Task directions>
Look through the lines below and extract each one that contains "module".

= = =

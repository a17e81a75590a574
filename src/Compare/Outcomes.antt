-- ===== src/Compare/Outcomes.antt =====
-- What becomes of one pair in the loop of src/compare/engine.cpp.
use mediadiff.Base.{
  Bool-cases, Expected-cases, Option, Text, false, inl, inr, is_some, none, ok, refl, some, sym,
  true, ◌&&◌, ◌↔◌, ◌∙◌, ◌≡◌, ◌≢◌,
}
use mediadiff.Compare.{Comparator}
use mediadiff.Compare.Engine.{KeyMap, PairKey, find_key}
use mediadiff.Compare.Findings.{demoted_finding, is_program, topology_finding, unpaired}
use mediadiff.Compare.Pairs.{compare_key, compare_paired, compare_sides, is_demoted}
use mediadiff.Core.Model.{Measurement, Vendor}
use mediadiff.Core.Policy.{Policy}
use mediadiff.Core.Registry.{CheckDef, CheckRegistry, Semantic, at}

ok_some_ne_none : {A : Type 0} {a : A} → ok (some a) ≢ ok none
ok_some_ne_none e = cc

module _ (V : Vendor) (comparator_for : Semantic → Comparator V.Json) where
  unpaired-program :
      (check : CheckDef) (key : PairKey) (b c : Option (Measurement V.Json))
      → is_program key.scope_kind ≡ true
      → unpaired V check key b c ≡ ok (some (topology_finding V check key b c))
  unpaired-program check key b c p = rw p refl

  unpaired-drops :
      (check : CheckDef) (key : PairKey) (b c : Option (Measurement V.Json))
      → unpaired V check key b c ≡ ok none
      → is_program key.scope_kind ≡ false
  unpaired-drops check key b c e = elim (Bool-cases (is_program key.scope_kind)) [
    | inl p ↦ absurd (ok_some_ne_none (sym (unpaired-program check key b c p) ∙ e))
    | inr n ↦ n
  ]

  compare_sides-passes :
      (check : CheckDef) (policy : Policy) (key : PairKey) (b c : Option (Measurement V.Json))
      → is_program key.scope_kind ≡ false
      → is_some b && is_some c ≡ false
      → compare_sides V comparator_for check policy key b c ≡ ok none
  unfolding compare_sides
  compare_sides-passes check policy key (some b) (some c) n u = cc
  compare_sides-passes check policy key (some b) none n u = rw n refl
  compare_sides-passes check policy key none c n u = rw n refl

  compare_sides-drops :
      (check : CheckDef) (policy : Policy) (key : PairKey) (b c : Option (Measurement V.Json))
      → compare_sides V comparator_for check policy key b c ≡ ok none
      → (is_program key.scope_kind ≡ false) × (is_some b && is_some c ≡ false)
  unfolding compare_sides
  compare_sides-drops check policy key (some b) (some c) e =
      elim (Expected-cases (compare_paired V comparator_for check policy key b c)) [
        | inl (f, g) ↦ cc
        | inr (inl (x, g)) ↦ cc
        | inr (inr g) ↦ cc
      ]
  compare_sides-drops check policy key (some b) none e =
      (unpaired-drops check key (some b) none e, refl)
  compare_sides-drops check policy key none c e = (unpaired-drops check key none c e, refl)

  compare_key-demoted :
      (registry : CheckRegistry) (policy : Policy) (bf cf : Text) (bs cs : KeyMap V.Json)
      (key : PairKey) (check : CheckDef)
      → at registry key.check_index ≡ some check
      → is_demoted bf cf check ≡ true
      → compare_key V comparator_for registry policy bf cf bs cs key
        ≡ ok (some (demoted_finding V check policy key (find_key key bs) (find_key key cs)))
  unfolding compare_key
  compare_key-demoted registry policy bf cf bs cs key check e d = rw e (rw d refl)

  compare_key-kept :
      (registry : CheckRegistry) (policy : Policy) (bf cf : Text) (bs cs : KeyMap V.Json)
      (key : PairKey) (check : CheckDef)
      → at registry key.check_index ≡ some check
      → is_demoted bf cf check ≡ false
      → compare_key V comparator_for registry policy bf cf bs cs key
        ≡ compare_sides V comparator_for check policy key (find_key key bs) (find_key key cs)
  unfolding compare_key
  compare_key-kept registry policy bf cf bs cs key check e d = rw e (rw d refl)

  -- A pair whose check is registered is passed over in silence exactly where one of its two sides
  -- has no measurement, the check is not taken out by a migration between containers, and the
  -- scope is no program.
  pub compare_key-drops :
      (registry : CheckRegistry) (policy : Policy) (bf cf : Text) (bs cs : KeyMap V.Json)
      (key : PairKey) (check : CheckDef)
      → at registry key.check_index ≡ some check
      → (compare_key V comparator_for registry policy bf cf bs cs key ≡ ok none) ↔ (
          (is_demoted bf cf check ≡ false)
          × (is_program key.scope_kind ≡ false)
          × (is_some (find_key key bs) && is_some (find_key key cs) ≡ false))
  compare_key-drops registry policy bf cf bs cs key check e = (
    λ x. elim (Bool-cases (is_demoted bf cf check)) [
      | inl d ↦ absurd (
          ok_some_ne_none (sym (compare_key-demoted registry policy bf cf bs cs key check e d) ∙ x))
      | inr n ↦
          let drops =
            compare_sides-drops check policy key (find_key key bs) (find_key key cs)
              (sym (compare_key-kept registry policy bf cf bs cs key check e n) ∙ x) in
          (n, drops.0, drops.1)
    ],
    λ h.
        compare_key-kept registry policy bf cf bs cs key check e h.0
        ∙ compare_sides-passes check policy key (find_key key bs) (find_key key cs) h.1 h.2,
  )
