-- ===== src/Compare/Spans.antt =====
-- src/compare/span.cpp. The flag `overflowed` is passed on as state. `std::sort` is a parameter:
-- a function of the spans and of the flag that the comparisons set.
-- A result with the flag.
pub mod Milliseconds
pub mod Merge
pub mod Verdict
use mediadiff.Base.{
  Bool, List, Option, [], false, if◌then◌else◌, is_empty, leb_ℤ, length, ltb_ℤ, none, not, ok, pos,
  some, text, true, ℤ, ◌&&◌, ◌++◌, ◌∷◌,
}
use mediadiff.Compare.{Comparator, escalate, start_finding}
use mediadiff.Compare.Tol.{Outcome}
use mediadiff.Compare.Tol.Run.{outcome_finding}
use mediadiff.Compare.Values.{rational_eq}
use mediadiff.Core.CheckedArith.{checked_add}
use mediadiff.Core.Model.{RationalValue, Span, Value, Vendor, errored, informed, passed, span_value}
use mediadiff.Core.Policy.{to_string}
use mediadiff.Core.Policy.Resolve.{resolve_severity}
use mediadiff.Core.Registry.{Severity}
use mediadiff.Core.Ticks.{Ticks, compare_ticks_checked}

abbrev pub Flagged : Type 0 → Type 0
Flagged A = A × Bool

abbrev pub to_ticks : RationalValue → Ticks
to_ticks v = record { value = v.num; tb = v.tb }

unfoldable pub ticks_less : RationalValue → RationalValue → Bool → Flagged Bool
unfolding compare_ticks_checked
ticks_less a b overflowed =
    let result = compare_ticks_checked (to_ticks a) (to_ticks b) in
    if result.overflowed then (false, true) else (ltb_ℤ result.order (pos 0), overflowed)

unfoldable pub ticks_less_equal : RationalValue → RationalValue → Bool → Flagged Bool
unfolding compare_ticks_checked
ticks_less_equal a b overflowed =
    let result = compare_ticks_checked (to_ticks a) (to_ticks b) in
    if result.overflowed then (false, true) else (leb_ℤ result.order (pos 0), overflowed)

abbrev pub within_threshold : ℤ → Bool → Option ℤ → Flagged Bool
within_threshold start overflowed none = (false, true)
within_threshold start overflowed (some threshold) = (leb_ℤ start threshold, overflowed)

-- The span starts at most one tick after the last one's end, where their timebases agree.
unfoldable pub adjacent_or_overlapping : Span → Span → Bool → Flagged Bool
unfolding checked_add ticks_less_equal
adjacent_or_overlapping last next overflowed =
    if rational_eq last.finish.tb next.start.tb
    then within_threshold next.start.num overflowed (checked_add last.finish.num (pos 1))
    else ticks_less_equal next.start last.finish overflowed

abbrev pub extended : Span → Span → Bool → Span
extended last next longer = if longer then record last { finish = next.finish } else last

-- The rest of the loop, after the last merged span.
unfoldable pub merge_from : Span → List Span → Bool → Flagged (List Span)
unfolding adjacent_or_overlapping ticks_less
merge_from last [] overflowed = (last ∷ [], overflowed)
merge_from last (next ∷ rest) overflowed =
    let adjacent = adjacent_or_overlapping last next overflowed in
    let longer = ticks_less last.finish next.finish adjacent.1 in
    let joined = merge_from (extended last next longer.0) rest longer.1 in
    let apart = merge_from next rest adjacent.1 in
    if adjacent.0 then joined else (last ∷ apart.0, apart.1)

unfoldable pub merge_sorted : List Span → Bool → Flagged (List Span)
unfolding merge_from
merge_sorted [] overflowed = ([], overflowed)
merge_sorted (next ∷ rest) overflowed = merge_from next rest overflowed

unfoldable pub overlaps : Span → Span → Bool → Flagged Bool
unfolding ticks_less
overlaps a b overflowed =
    let first = ticks_less a.start b.finish overflowed in
    if first.0 then ticks_less b.start a.finish first.1 else first

unfoldable pub overlaps_any : Span → List Span → Bool → Flagged Bool
unfolding overlaps
overlaps_any s [] overflowed = (false, overflowed)
overlaps_any s (o ∷ others) overflowed =
    let here = overlaps s o overflowed in
    let rest = overlaps_any s others here.1 in if here.0 then here else rest

-- The spans that overlap none of the others.
unfoldable pub without_overlap : List Span → List Span → Bool → Flagged (List Span)
unfolding overlaps_any
without_overlap [] others overflowed = ([], overflowed)
without_overlap (s ∷ rest) others overflowed =
    let here = overlaps_any s others overflowed in
    let later = without_overlap rest others here.1 in
    (if here.0 then later.0 else s ∷ later.0, later.1)

abbrev pub spans_of : Value → List Span
spans_of (span_value s) = s.spans
spans_of _ = []

unfoldable pub span_outcome : Severity → List Span → List Span → Bool → Outcome
unfolding to_string
span_outcome severity introduced removed overflowed =
    if overflowed
    then record {
      status = errored;
      message =
          text "span comparator: a tick comparison overflowed int64_t; cannot determine a verdict";
    }
    else if is_empty introduced && is_empty removed
    then record { status = passed; message = text "spans match" }
    else if not (is_empty introduced)
    then record {
      status = escalate severity;
      message = text "+" ++ to_string (pos (length introduced)) ++ text " introduced span(s)";
    }
    else record {
      status = informed;
      message = text "-" ++ to_string (pos (length removed)) ++ text " removed span(s)";
    }

-- The introduced and the removed spans, with the flag.
unfoldable pub span_difference :
    (List Span → Bool → Flagged (List Span))
    → List Span
    → List Span
    → (List Span × List Span) × Bool
unfolding merge_sorted without_overlap
span_difference sort_spans baseline candidate =
    let b_sorted = sort_spans baseline false in
    let b = merge_sorted b_sorted.0 b_sorted.1 in
    let c_sorted = sort_spans candidate b.1 in
    let c = merge_sorted c_sorted.0 c_sorted.1 in
    let introduced = without_overlap c.0 b.0 c.1 in
    let removed = without_overlap b.0 c.0 introduced.1 in ((introduced.0, removed.0), removed.1)

module _ (V : Vendor) (sort_spans : List Span → Bool → Flagged (List Span)) where
  unfoldable pub compare_span : Comparator V.Json
  unfolding start_finding span_difference span_outcome
  compare_span check baseline candidate policy =
      let d = span_difference sort_spans (spans_of baseline.value) (spans_of candidate.value) in
      ok (
        outcome_finding V check baseline candidate policy
          (span_outcome (resolve_severity check policy) d.0.0 d.0.1 d.1))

= = =

Result for this exercise>
module _ (V : Vendor) (comparator_for : Semantic → Comparator V.Json) where
module _ (V : Vendor) (sort_spans : List Span → Bool → Flagged (List Span)) where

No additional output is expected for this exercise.